Native plants provide beauty as well as food and shelter for wildlife. Native species are adapted to the Illinois climate. They require little or no watering and are resistant to drought, insects and most diseases. Because they are perennials, you can welcome their presence year after year.

calico aster (Symphyotrichum lateriflorum)

Calico aster grows in moist soils statewide. It reaches a height of one to three feet. The stems are light green or dark red-brown and have white hairs on them. Leaves grow alternately on the stem and become smaller from the bottom to the top of the stem. Leaf shape varies.
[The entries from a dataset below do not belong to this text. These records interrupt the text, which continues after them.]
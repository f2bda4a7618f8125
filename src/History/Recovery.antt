-- ===== src/History/Recovery.antt =====
-- The scavenger of history/internal/service/timer_processor.go and the timers that Redis has forgotten,
-- after any steps of the history service.
use mini_workflow.Prelude.{
  Bool, ℕ, ◌≡◌, refl, ap, ◌∙◌, ◌≤◌, true, false, none, some, length, keep, Bool-cases, inl, inr,
}
use mini_workflow.Prelude.Int.{ltz, unix_milli, ◌+ℤ◌}
use mini_workflow.History.Models.{Uuid, Timer}
use mini_workflow.History.Backend.{Backend}
use mini_workflow.History.Postgres.{find_timer}
use mini_workflow.History.Postgres.TimerRows.{IsKeyed, Kept}
use mini_workflow.History.Changes.Timers.{Changes-AllKept}
use mini_workflow.History.TimerStore.{is_expired}
use mini_workflow.History.World.{World, Env}
use mini_workflow.History.TimerProcessor.Loop.{process_expired, scavenge, hour, timer_batch_size}
use mini_workflow.History.TimerProcessor.Rounds.{process_expired-Evolves, scavenge-db}
use mini_workflow.History.TimerProcessor.Claimed.{Answers}
use mini_workflow.History.TimerProcessor.Recovery.{scavenge-process_expired}
use mini_workflow.History.System.{System, at_rest, Steps, Steps-AllKept}

module _ ⦃b : Backend⦄ (id : Uuid) (t : Timer) where
  abbrev pub Fired : World → Type 0
  Fired w = (u : Timer) × (find_timer id w.db.timers ≡ some u) × Kept t u × (u.is_fired ≡ true)

  stays-Fired :
      (claim_env : Env) (envs : ℕ → Env) (w : World)
      → find_timer id w.db.timers ≡ some t
      → t.is_fired ≡ true
      → Fired (process_expired claim_env envs w)
  stays-Fired claim_env envs w found fired =
      let (u, at, kept) =
        (Changes-AllKept (process_expired-Evolves claim_env envs w)).stays id t found in
      (u, at, kept, kept.is_fired fired)

  -- Whatever requests and timers the service has handled before, with any failures, overlapping, and
  -- whatever Redis holds or has lost, a timer that is in the database and due is marked as fired
  -- after a pass of the scavenger and a look for expired timers whose commands answer, if at most ten of
  -- the timers that Redis then holds have expired and no two timers had one id at the start.
  pub Steps-scavenge-process_expired :
      {apart : Bool} {start : World} {s : System} (scavenge_env claim_env : Env) (envs : ℕ → Env)
      → Steps apart (at_rest start) s
      → IsKeyed start.db.timers
      → find_timer id s.world.db.timers ≡ some t
      → scavenge_env.db_fault 0 ≡ none
      → ((k : ℕ) → scavenge_env.redis_fault 0 k ≡ none)
      → claim_env.redis_fault 0 0 ≡ none
      → ((k : ℕ) → Answers (envs k))
      → ltz (scavenge_env.time 0 +ℤ hour) t.fire_time ≡ false
      → is_expired
          (unix_milli (claim_env.time 0))
          (record { score = unix_milli t.fire_time; member = b.print_uuid id })
        ≡ true
      → length (
          keep
            (is_expired (unix_milli (claim_env.time 0)))
            (scavenge scavenge_env s.world).timer_store.active)
        ≤ timer_batch_size
      → Fired (process_expired claim_env envs (scavenge scavenge_env s.world))
  Steps-scavenge-process_expired {apart} {start} {s} scavenge_env claim_env envs steps keyed found
        up redis claim answers soon late room =
      elim (Bool-cases t.is_fired) [
        | inl fired ↦
            stays-Fired claim_env envs (scavenge scavenge_env s.world)
              (ap (λ d. find_timer id d.timers) (scavenge-db scavenge_env s.world) ∙ found) fired
        | inr waits ↦ (
          record t { is_fired = true },
          scavenge-process_expired id t scavenge_env claim_env envs s.world up redis claim answers
              ((Steps-AllKept steps).keyed keyed) found (rw (waits, soon) refl) late room,
          record {
            timer_id = refl;
            key = refl;
            timer_type = refl;
            task_token = refl;
            is_fired = λ h. refl;
          },
          refl,
        )
      ]
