-- ===== src/History/Service.antt =====
-- history/internal/service: one action for each handler of history/internal/ports/inbound.go.
pub mod Queued
pub mod Load
pub mod Workflow
pub mod Activity
pub mod Heartbeat
pub mod Attributes
pub mod Commands
pub mod Rules
pub mod Batch
pub mod Evolution
pub mod Reads
pub mod Errors
pub mod Keeps
pub mod Counts
pub mod Retries
pub mod Started
pub mod Start
pub mod Refusals
pub mod Race
pub mod Effects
Flower heads develop in clusters on the upper stem tips and some of the side stem tips. Blooming occurs from August through October. Each flower head has 8-12 ray flowers around a center of disk flowers. The disk flowers are yellow initially but change to brown or purple-red. The ray flowers are white. The fruit is an achene, a simple dry fruit that does not open at maturity. The achenes have small tufts of white hairs. Many species of insects are attracted to the flowers. The seeds are eaten by songbirds and game birds in winter.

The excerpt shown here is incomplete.